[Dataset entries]
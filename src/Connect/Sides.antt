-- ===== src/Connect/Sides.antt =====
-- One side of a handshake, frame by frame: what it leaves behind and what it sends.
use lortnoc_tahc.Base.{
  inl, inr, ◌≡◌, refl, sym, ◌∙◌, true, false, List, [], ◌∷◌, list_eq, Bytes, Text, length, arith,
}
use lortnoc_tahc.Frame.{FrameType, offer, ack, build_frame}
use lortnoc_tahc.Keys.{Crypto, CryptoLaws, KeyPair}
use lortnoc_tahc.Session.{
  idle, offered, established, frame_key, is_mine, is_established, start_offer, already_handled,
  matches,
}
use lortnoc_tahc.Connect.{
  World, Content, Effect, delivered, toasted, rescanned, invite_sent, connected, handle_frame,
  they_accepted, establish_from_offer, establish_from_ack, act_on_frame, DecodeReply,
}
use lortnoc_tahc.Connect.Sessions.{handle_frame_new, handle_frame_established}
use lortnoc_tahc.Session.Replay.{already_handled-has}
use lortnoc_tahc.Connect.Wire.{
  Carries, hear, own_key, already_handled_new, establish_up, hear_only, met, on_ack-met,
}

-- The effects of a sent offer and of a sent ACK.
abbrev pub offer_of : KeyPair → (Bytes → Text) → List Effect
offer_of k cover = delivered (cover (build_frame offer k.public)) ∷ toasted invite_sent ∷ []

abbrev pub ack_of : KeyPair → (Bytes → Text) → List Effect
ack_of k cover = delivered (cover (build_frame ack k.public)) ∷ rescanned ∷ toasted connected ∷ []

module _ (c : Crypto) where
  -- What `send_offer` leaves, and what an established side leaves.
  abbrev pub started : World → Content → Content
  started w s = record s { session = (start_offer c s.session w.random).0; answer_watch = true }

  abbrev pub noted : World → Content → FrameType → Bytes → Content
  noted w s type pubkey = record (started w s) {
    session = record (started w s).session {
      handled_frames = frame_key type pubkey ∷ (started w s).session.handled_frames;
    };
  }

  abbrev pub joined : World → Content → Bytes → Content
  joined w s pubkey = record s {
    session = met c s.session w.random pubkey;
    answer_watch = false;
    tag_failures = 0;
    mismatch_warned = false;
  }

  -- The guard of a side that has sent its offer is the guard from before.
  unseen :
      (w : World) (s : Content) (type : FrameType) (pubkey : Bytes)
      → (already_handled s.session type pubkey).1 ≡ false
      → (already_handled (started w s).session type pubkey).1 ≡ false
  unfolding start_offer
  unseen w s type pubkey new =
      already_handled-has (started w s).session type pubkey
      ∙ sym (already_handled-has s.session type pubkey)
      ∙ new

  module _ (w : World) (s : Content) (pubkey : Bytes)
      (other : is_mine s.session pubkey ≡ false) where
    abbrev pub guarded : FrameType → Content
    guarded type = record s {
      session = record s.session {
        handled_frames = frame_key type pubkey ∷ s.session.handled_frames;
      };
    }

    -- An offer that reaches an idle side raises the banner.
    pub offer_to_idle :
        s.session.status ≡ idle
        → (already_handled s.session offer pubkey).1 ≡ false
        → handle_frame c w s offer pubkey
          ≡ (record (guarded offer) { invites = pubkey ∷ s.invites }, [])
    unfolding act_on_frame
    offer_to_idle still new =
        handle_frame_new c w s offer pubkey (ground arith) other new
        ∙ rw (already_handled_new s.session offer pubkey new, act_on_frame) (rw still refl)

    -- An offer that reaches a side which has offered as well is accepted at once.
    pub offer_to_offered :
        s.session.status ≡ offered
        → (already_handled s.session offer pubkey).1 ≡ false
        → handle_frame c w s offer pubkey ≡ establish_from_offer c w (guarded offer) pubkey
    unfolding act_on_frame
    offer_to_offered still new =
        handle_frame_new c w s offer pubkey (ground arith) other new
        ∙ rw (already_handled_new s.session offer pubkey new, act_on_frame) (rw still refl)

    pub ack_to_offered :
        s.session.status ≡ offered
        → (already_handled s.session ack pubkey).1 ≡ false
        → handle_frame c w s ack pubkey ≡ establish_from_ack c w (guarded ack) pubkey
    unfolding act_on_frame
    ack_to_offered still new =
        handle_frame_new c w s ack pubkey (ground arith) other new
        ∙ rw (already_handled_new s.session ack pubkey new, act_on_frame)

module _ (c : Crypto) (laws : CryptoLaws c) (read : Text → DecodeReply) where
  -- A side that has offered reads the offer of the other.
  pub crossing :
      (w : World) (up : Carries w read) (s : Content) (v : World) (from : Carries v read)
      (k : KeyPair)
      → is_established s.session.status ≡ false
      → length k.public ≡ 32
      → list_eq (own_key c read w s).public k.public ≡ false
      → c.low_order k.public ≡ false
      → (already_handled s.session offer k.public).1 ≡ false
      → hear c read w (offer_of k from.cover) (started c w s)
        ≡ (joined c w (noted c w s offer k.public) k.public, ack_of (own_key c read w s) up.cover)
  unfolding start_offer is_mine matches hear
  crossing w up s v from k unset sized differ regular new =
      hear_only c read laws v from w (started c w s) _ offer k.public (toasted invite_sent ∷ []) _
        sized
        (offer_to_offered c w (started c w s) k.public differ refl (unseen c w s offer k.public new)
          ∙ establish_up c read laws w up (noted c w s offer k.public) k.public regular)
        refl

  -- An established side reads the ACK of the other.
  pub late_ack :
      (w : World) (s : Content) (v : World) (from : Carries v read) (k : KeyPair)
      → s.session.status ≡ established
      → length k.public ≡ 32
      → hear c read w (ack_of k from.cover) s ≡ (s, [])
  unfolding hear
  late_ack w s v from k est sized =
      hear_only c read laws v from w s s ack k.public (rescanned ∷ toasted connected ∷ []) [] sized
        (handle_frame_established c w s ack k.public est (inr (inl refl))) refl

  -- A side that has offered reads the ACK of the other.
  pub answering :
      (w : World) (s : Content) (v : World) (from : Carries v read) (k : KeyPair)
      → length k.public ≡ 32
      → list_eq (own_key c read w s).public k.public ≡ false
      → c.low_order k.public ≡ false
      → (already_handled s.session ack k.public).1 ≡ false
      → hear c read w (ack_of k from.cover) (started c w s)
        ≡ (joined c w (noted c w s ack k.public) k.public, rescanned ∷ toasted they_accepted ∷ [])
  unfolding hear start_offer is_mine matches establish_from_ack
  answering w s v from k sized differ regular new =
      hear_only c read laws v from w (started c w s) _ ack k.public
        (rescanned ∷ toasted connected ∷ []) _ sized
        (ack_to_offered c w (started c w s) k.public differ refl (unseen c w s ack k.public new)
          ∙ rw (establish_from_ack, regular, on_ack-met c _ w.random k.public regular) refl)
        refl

» **What is being asked**: Restate the records in full, keeping every word as it is.

» **Task solution**:
filename src/Connect/Sides.antt
-- ===== src/Connect/Sides.antt =====
-- One side of a handshake, frame by frame: what it leaves behind and what it sends.
use lortnoc_tahc.Base.{
  inl, inr, ◌≡◌, refl, sym, ◌∙◌, true, false, List, [], ◌∷◌, list_eq, Bytes, Text, length, arith,
}
use lortnoc_tahc.Frame.{FrameType, offer, ack, build_frame}
use lortnoc_tahc.Keys.{Crypto, CryptoLaws, KeyPair}
use lortnoc_tahc.Session.{
  idle, offered, established, frame_key, is_mine, is_established, start_offer, already_handled,
  matches,
}
use lortnoc_tahc.Connect.{
  World, Content, Effect, delivered, toasted, rescanned, invite_sent, connected, handle_frame,
  they_accepted, establish_from_offer, establish_from_ack, act_on_frame, DecodeReply,
}
use lortnoc_tahc.Connect.Sessions.{handle_frame_new, handle_frame_established}
use lortnoc_tahc.Session.Replay.{already_handled-has}
use lortnoc_tahc.Connect.Wire.{
  Carries, hear, own_key, already_handled_new, establish_up, hear_only, met, on_ack-met,
}

-- The effects of a sent offer and of a sent ACK.
abbrev pub offer_of : KeyPair → (Bytes → Text) → List Effect
offer_of k cover = delivered (cover (build_frame offer k.public)) ∷ toasted invite_sent ∷ []

abbrev pub ack_of : KeyPair → (Bytes → Text) → List Effect
ack_of k cover = delivered (cover (build_frame ack k.public)) ∷ rescanned ∷ toasted connected ∷ []

module _ (c : Crypto) where
  -- What `send_offer` leaves, and what an established side leaves.
  abbrev pub started : World → Content → Content
  started w s = record s { session = (start_offer c s.session w.random).0; answer_watch = true }

  abbrev pub noted : World → Content → FrameType → Bytes → Content
  noted w s type pubkey = record (started w s) {
    session = record (started w s).session {
      handled_frames = frame_key type pubkey ∷ (started w s).session.handled_frames;
    };
  }

  abbrev pub joined : World → Content → Bytes → Content
  joined w s pubkey = record s {
    session = met c s.session w.random pubkey;
    answer_watch = false;
    tag_failures = 0;
    mismatch_warned = false;
  }

  -- The guard of a side that has sent its offer is the guard from before.
  unseen :
      (w : World) (s : Content) (type : FrameType) (pubkey : Bytes)
      → (already_handled s.session type pubkey).1 ≡ false
      → (already_handled (started w s).session type pubkey).1 ≡ false
  unfolding start_offer
  unseen w s type pubkey new =
      already_handled-has (started w s).session type pubkey
      ∙ sym (already_handled-has s.session type pubkey)
      ∙ new

  module _ (w : World) (s : Content) (pubkey : Bytes)
      (other : is_mine s.session pubkey ≡ false) where
    abbrev pub guarded : FrameType → Content
    guarded type = record s {
      session = record s.session {
        handled_frames = frame_key type pubkey ∷ s.session.handled_frames;
      };
    }

    -- An offer that reaches an idle side raises the banner.
    pub offer_to_idle :
        s.session.status ≡ idle
        → (already_handled s.session offer pubkey).1 ≡ false
        → handle_frame c w s offer pubkey
          ≡ (record (guarded offer) { invites = pubkey ∷ s.invites }, [])
    unfolding act_on_frame
    offer_to_idle still new =
        handle_frame_new c w s offer pubkey (ground arith) other new
        ∙ rw (already_handled_new s.session offer pubkey new, act_on_frame) (rw still refl)

    -- An offer that reaches a side which has offered as well is accepted at once.
    pub offer_to_offered :
        s.session.status ≡ offered
        → (already_handled s.session offer pubkey).1 ≡ false
        → handle_frame c w s offer pubkey ≡ establish_from_offer c w (guarded offer) pubkey
    unfolding act_on_frame
    offer_to_offered still new =
        handle_frame_new c w s offer pubkey (ground arith) other new
        ∙ rw (already_handled_new s.session offer pubkey new, act_on_frame) (rw still refl)

    pub ack_to_offered :
        s.session.status ≡ offered
        → (already_handled s.session ack pubkey).1 ≡ false
        → handle_frame c w s ack pubkey ≡ establish_from_ack c w (guarded ack) pubkey
    unfolding act_on_frame
    ack_to_offered still new =
        handle_frame_new c w s ack pubkey (ground arith) other new
        ∙ rw (already_handled_new s.session ack pubkey new, act_on_frame)

module _ (c : Crypto) (laws : CryptoLaws c) (read : Text → DecodeReply) where
  -- A side that has offered reads the offer of the other.
  pub crossing :
      (w : World) (up : Carries w read) (s : Content) (v : World) (from : Carries v read)
      (k : KeyPair)
      → is_established s.session.status ≡ false
      → length k.public ≡ 32
      → list_eq (own_key c read w s).public k.public ≡ false
      → c.low_order k.public ≡ false
      → (already_handled s.session offer k.public).1 ≡ false
      → hear c read w (offer_of k from.cover) (started c w s)
        ≡ (joined c w (noted c w s offer k.public) k.public, ack_of (own_key c read w s) up.cover)
  unfolding start_offer is_mine matches hear
  crossing w up s v from k unset sized differ regular new =
      hear_only c read laws v from w (started c w s) _ offer k.public (toasted invite_sent ∷ []) _
        sized
        (offer_to_offered c w (started c w s) k.public differ refl (unseen c w s offer k.public new)
          ∙ establish_up c read laws w up (noted c w s offer k.public) k.public regular)
        refl

  -- An established side reads the ACK of the other.
  pub late_ack :
      (w : World) (s : Content) (v : World) (from : Carries v read) (k : KeyPair)
      → s.session.status ≡ established
      → length k.public ≡ 32
      → hear c read w (ack_of k from.cover) s ≡ (s, [])
  unfolding hear
  late_ack w s v from k est sized =
      hear_only c read laws v from w s s ack k.public (rescanned ∷ toasted connected ∷ []) [] sized
        (handle_frame_established c w s ack k.public est (inr (inl refl))) refl

  -- A side that has offered reads the ACK of the other.
  pub answering :
      (w : World) (s : Content) (v : World) (from : Carries v read) (k : KeyPair)
      → length k.public ≡ 32
      → list_eq (own_key c read w s).public k.public ≡ false
      → c.low_order k.public ≡ false
      → (already_handled s.session ack k.public).1 ≡ false
      → hear c read w (ack_of k from.cover) (started c w s)
        ≡ (joined c w (noted c w s ack k.public) k.public, rescanned ∷ toasted they_accepted ∷ [])
  unfolding hear start_offer is_mine matches establish_from_ack
  answering w s v from k sized differ regular new =
      hear_only c read laws v from w (started c w s) _ ack k.public
        (rescanned ∷ toasted connected ∷ []) _ sized
        (ack_to_offered c w (started c w s) k.public differ refl (unseen c w s ack k.public new)
          ∙ rw (establish_from_ack, regular, on_ack-met c _ w.random k.public regular) refl)
        refl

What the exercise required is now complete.